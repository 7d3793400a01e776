-- ===== src/Bench/Ledger/Tests.antt =====
-- The server mode on a network with two clients that send nothing, and the client mode on it.
use tlshub_ebpf.Base.{
  ℕ, ◌+◌, ◌≡◌, ◌⊎◌, refl, ◌==◌, zero, suc, arith, pos, true, none, some, [], ◌∷◌, List, Bytes,
  codes, str_eq,
}
use tlshub_ebpf.Base.Holdings.{
  Holdings, close_latest, free_block, close_latest-opened, free_block-allocated,
}
use tlshub_ebpf.Metrics.Samples.{natural}
use tlshub_ebpf.Metrics.Types.{Clock}
use tlshub_ebpf.Bench.Metrics.{Resources}
use tlshub_ebpf.Bench.Sockets.{sent, got, Accepted, accepted, broken, timed_out, TcpSockets}
use tlshub_ebpf.Bench.Main.{Host, Ending, Bounds, main}
use tlshub_ebpf.Stdio.{skip_space, is_space}
use tlshub_ebpf.Metrics.Proc.{scan_llu}
use tlshub_ebpf.Bench.Options.{init_config, parse_options}
use tlshub_ebpf.Bench.Server.{
  echo_server_start, keep_running, accept_loop, echo_server_handle_client, echo_loop,
}
use tlshub_ebpf.Bench.Ledger.{IsLedger, Leaves, opened_by}
use tlshub_ebpf.Bench.Ledger.Program.{IsHostLedger}
use tlshub_ebpf.Bench.Ledger.Total.{Serves, main-released}
use tlshub_ebpf.Bench.Finite.{IsFinite}

-- What the process holds, and the clients that are still to come; then the signal arrives.
record Hall : Type 0 where
  pub held : Holdings
  pub clients : ℕ

abbrev admit : ℕ → Hall → Accepted × Hall
admit zero w = (broken, w)
admit (suc n) w = (
  accepted (pos 4),
  record { held = record w.held { descriptors = pos 4 ∷ w.held.descriptors }; clients = n },
)

abbrev ticking : Clock Hall
ticking = record { gettime = λ w. (record { tv_sec = 7; tv_nsec = 0 }, w) }

abbrev hall : TcpSockets Hall
hall = record {
  socket =
      λ w. (pos 3, record w { held = record w.held { descriptors = pos 3 ∷ w.held.descriptors } });
  setsockopt = λ fd o w. (pos 0, w);
  inet_pton = λ ip. some 1;
  connect = λ fd a p w. (pos 0, w);
  send = λ fd bs w. (sent 1, w);
  recv = λ fd room w. (got [], w);
  poll = λ fd ms w. (timed_out, w);
  shutdown = λ fd d w. w;
  close = λ fd w. record w { held = close_latest w.held };
  malloc = λ n w. (true, record w { held = record w.held { blocks = w.held.blocks + 1 } });
  free = λ w. record w { held = free_block w.held };
  usleep = λ us w. w;
  bind = λ fd p w. (pos 0, w);
  listen = λ fd n w. (pos 0, w);
  accept = λ fd w. admit w.clients w;
  signalled = λ w. w.clients == 0;
}

abbrev held : Hall → Holdings
held w = w.held

admit_opens : (n : ℕ) (w : Hall) → held (admit n w).1 ≡ opened_by (admit n w).0 (held w)
admit_opens zero w = refl
admit_opens (suc n) w = refl

hall-IsLedger : IsLedger ticking hall held
hall-IsLedger = record {
  socket_opens = λ w. refl;
  accept_opens = λ fd w. admit_opens w.clients w;
  close_undoes = λ fd h w e. close_latest-opened fd h w.held e;
  malloc_allocates = λ n w. refl;
  free_undoes = λ h w e. free_block-allocated h w.held e;
  setsockopt_keeps = λ fd o w. refl;
  connect_keeps = λ fd a p w. refl;
  send_keeps = λ fd bs w. refl;
  recv_keeps = λ fd room w. refl;
  poll_keeps = λ fd ms w. refl;
  shutdown_keeps = λ fd d w. refl;
  usleep_keeps = λ us w. refl;
  bind_keeps = λ fd p w. refl;
  listen_keeps = λ fd n w. refl;
  gettime_keeps = λ w. refl;
}

abbrev quiet : Resources Hall
quiet = record { getrusage = λ w. (none, w) }

abbrev roomy : Host Hall
roomy = record {
  calloc = λ n w. (true, record w { held = record w.held { blocks = w.held.blocks + 1 } });
  fopen = λ name w. (true, w);
}

roomy-IsHostLedger : IsHostLedger quiet roomy held
roomy-IsHostLedger = record {
  calloc_allocates = λ n w. refl;
  fopen_keeps = λ path w. refl;
  getrusage_keeps = λ w. refl;
}

abbrev as_server : List (ℕ × Bytes)
as_server = (b'm', codes "server") ∷ ((b'l', codes "9090") ∷ [])

abbrev two_clients : Hall
two_clients = record { held = record { descriptors = pos 1 ∷ []; blocks = 2 }; clients = 2 }

abbrev three_turns : Bounds
three_turns = record { turns = 3; rounds = 3; fuel = 10485763 }

abbrev clients_of : Hall → ℕ
clients_of w = w.clients

hall-IsFinite : IsFinite ticking hall clients_of
hall-IsFinite = record {
  sends = λ fd bs w h. (omega arith, h, omega arith);
  receives = λ fd room w. omega arith;
  polls = λ fd ms w. omega arith;
  gettime_le = λ w. omega arith;
  socket_le = λ w. omega arith;
  setsockopt_le = λ fd o w. omega arith;
  connect_le = λ fd a p w. omega arith;
  shutdown_le = λ fd d w. omega arith;
  close_le = λ fd w. omega arith;
  malloc_le = λ n w. omega arith;
  free_le = λ w. omega arith;
  usleep_le = λ us w. omega arith;
}

-- Ten bytes over two connections, one after the other.
abbrev as_client : List (ℕ × Bytes)
as_client = (b'm', codes "client") ∷ ((b's', codes "10") ∷ ((b'n', codes "2") ∷ []))

main-released_example :
    Leaves
      (λ (o : Ending ℕ Hall). o.world)
      held
      two_clients.held
      (main natural ticking hall quiet roomy three_turns [] [] as_client two_clients)
    × (Serves (parse_options (init_config [] []) as_client)
        ⊎ ((e : Ending ℕ Hall) × (main natural ticking hall quiet roomy three_turns [] [] as_client
                two_clients
              ≡ some e)))
main-released_example =
    main-released natural ticking hall quiet roomy clients_of hall-IsFinite (λ n w. omega arith)
      held hall-IsLedger roomy-IsHostLedger three_turns [] [] as_client two_clients (omega arith)

-- The server stops with status 0 when the signal arrives, after two clients.
served_two_lem :
    main natural ticking hall quiet roomy three_turns [] [] as_server two_clients
    ≡ some
        (record { status = 0; json = none; csv = none; world = record two_clients { clients = 0 } })
unfolding main parse_options str_eq scan_llu skip_space is_space echo_server_start keep_running
    accept_loop echo_server_handle_client echo_loop
served_two_lem = refl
☆ ☆ ☆
WORK TO BE COMPLETED. List the lines of the material in which the word "none" occurs.

YOUR RESPONSE.
  ℕ, ◌+◌, ◌≡◌, ◌⊎◌, refl, ◌==◌, zero, suc, arith, pos, true, none, some, [], ◌∷◌, List, Bytes,
quiet = record { getrusage = λ w. (none, w) }
        (record { status = 0; json = none; csv = none; world = record two_clients { clients = 0 } })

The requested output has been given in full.